**Dataset content**
-- ===== src/Tests/Nodes.antt =====
-- node/node.service.ts and node/node.repository.ts on the sample board.
use aideep_backend.Common.{String, ◌≡◌, List, [], ◌∷◌, ◌↔◌, false, true, some, none, Memᴰ}
use aideep_backend.Infra.Rows.{text, project}
use aideep_backend.Infra.Rows.Int.{ℤ, pos}
use aideep_backend.Edge.Walk.{Link, link, Walk, HasEdge}
use aideep_backend.Node.Model.{MarkDownBody, CreateNodeBody}
use aideep_backend.Node.Descendants.{descendants}
use aideep_backend.Node.Descendants.Correct.{IsDistinct, descendants_correct}
use aideep_backend.Node.Service.{Node, NodeMoveBody, UpdateNodeMetaBody}
use aideep_backend.Tests.Graph.{one_edge-IsAcyclic}

abbrev pub to_the_right : NodeMoveBody ℤ
to_the_right = record { x = pos 100; y = pos 7 }

abbrev renamed : UpdateNodeMetaBody
renamed = record {
  title = some "new";
  color = none;
  text_color = none;
  propagate_to_children = false;
}

abbrev new_node : Node ℤ
new_node = record {
  user_id = "vic";
  input = record {
    title = "t";
    node_type = project;
    position_x = pos 0;
    position_y = pos 0;
    workspace_id = "w";
    depth = pos 0;
    content = [];
  };
}

abbrev loop : List Link
loop = link "a" "b" ∷ link "b" "a" ∷ []

descendants_correct_example :
    (ids : List String) × (descendants (link "a" "b" ∷ []) "a" ≡ some ids)
    × IsDistinct ids
    × ((v : String)
        → Memᴰ v ids
          ↔ ((u : String) × HasEdge (link "a" "b" ∷ []) "a" u × Walk (link "a" "b" ∷ []) u v))
descendants_correct_example = descendants_correct (link "a" "b" ∷ []) "a" one_edge-IsAcyclic

abbrev new_page : CreateNodeBody ℤ MarkDownBody
new_page = record {
  title = "page";
  position = record { x = pos 1; y = pos 2 };
  body = record { json_body = "{}"; markdown_body = "# page"; color = "red"; text_color = "black" };
}

abbrev all_red : UpdateNodeMetaBody
all_red = record {
  title = some "new";
  color = some (text "red");
  text_color = none;
  propagate_to_children = true;
}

**Your goal**
Please repeat the material exactly as it appears above.

**The answer**
-- ===== src/Tests/Nodes.antt =====
-- node/node.service.ts and node/node.repository.ts on the sample board.
use aideep_backend.Common.{String, ◌≡◌, List, [], ◌∷◌, ◌↔◌, false, true, some, none, Memᴰ}
use aideep_backend.Infra.Rows.{text, project}
use aideep_backend.Infra.Rows.Int.{ℤ, pos}
use aideep_backend.Edge.Walk.{Link, link, Walk, HasEdge}
use aideep_backend.Node.Model.{MarkDownBody, CreateNodeBody}
use aideep_backend.Node.Descendants.{descendants}
use aideep_backend.Node.Descendants.Correct.{IsDistinct, descendants_correct}
use aideep_backend.Node.Service.{Node, NodeMoveBody, UpdateNodeMetaBody}
use aideep_backend.Tests.Graph.{one_edge-IsAcyclic}

abbrev pub to_the_right : NodeMoveBody ℤ
to_the_right = record { x = pos 100; y = pos 7 }

abbrev renamed : UpdateNodeMetaBody
renamed = record {
  title = some "new";
  color = none;
  text_color = none;
  propagate_to_children = false;
}

abbrev new_node : Node ℤ
new_node = record {
  user_id = "vic";
  input = record {
    title = "t";
    node_type = project;
    position_x = pos 0;
    position_y = pos 0;
    workspace_id = "w";
    depth = pos 0;
    content = [];
  };
}

abbrev loop : List Link
loop = link "a" "b" ∷ link "b" "a" ∷ []

descendants_correct_example :
    (ids : List String) × (descendants (link "a" "b" ∷ []) "a" ≡ some ids)
    × IsDistinct ids
    × ((v : String)
        → Memᴰ v ids
          ↔ ((u : String) × HasEdge (link "a" "b" ∷ []) "a" u × Walk (link "a" "b" ∷ []) u v))
descendants_correct_example = descendants_correct (link "a" "b" ∷ []) "a" one_edge-IsAcyclic

abbrev new_page : CreateNodeBody ℤ MarkDownBody
new_page = record {
  title = "page";
  position = record { x = pos 1; y = pos 2 };
  body = record { json_body = "{}"; markdown_body = "# page"; color = "red"; text_color = "black" };
}

abbrev all_red : UpdateNodeMetaBody
all_red = record {
  title = some "new";
  color = some (text "red");
  text_color = none;
  propagate_to_children = true;
}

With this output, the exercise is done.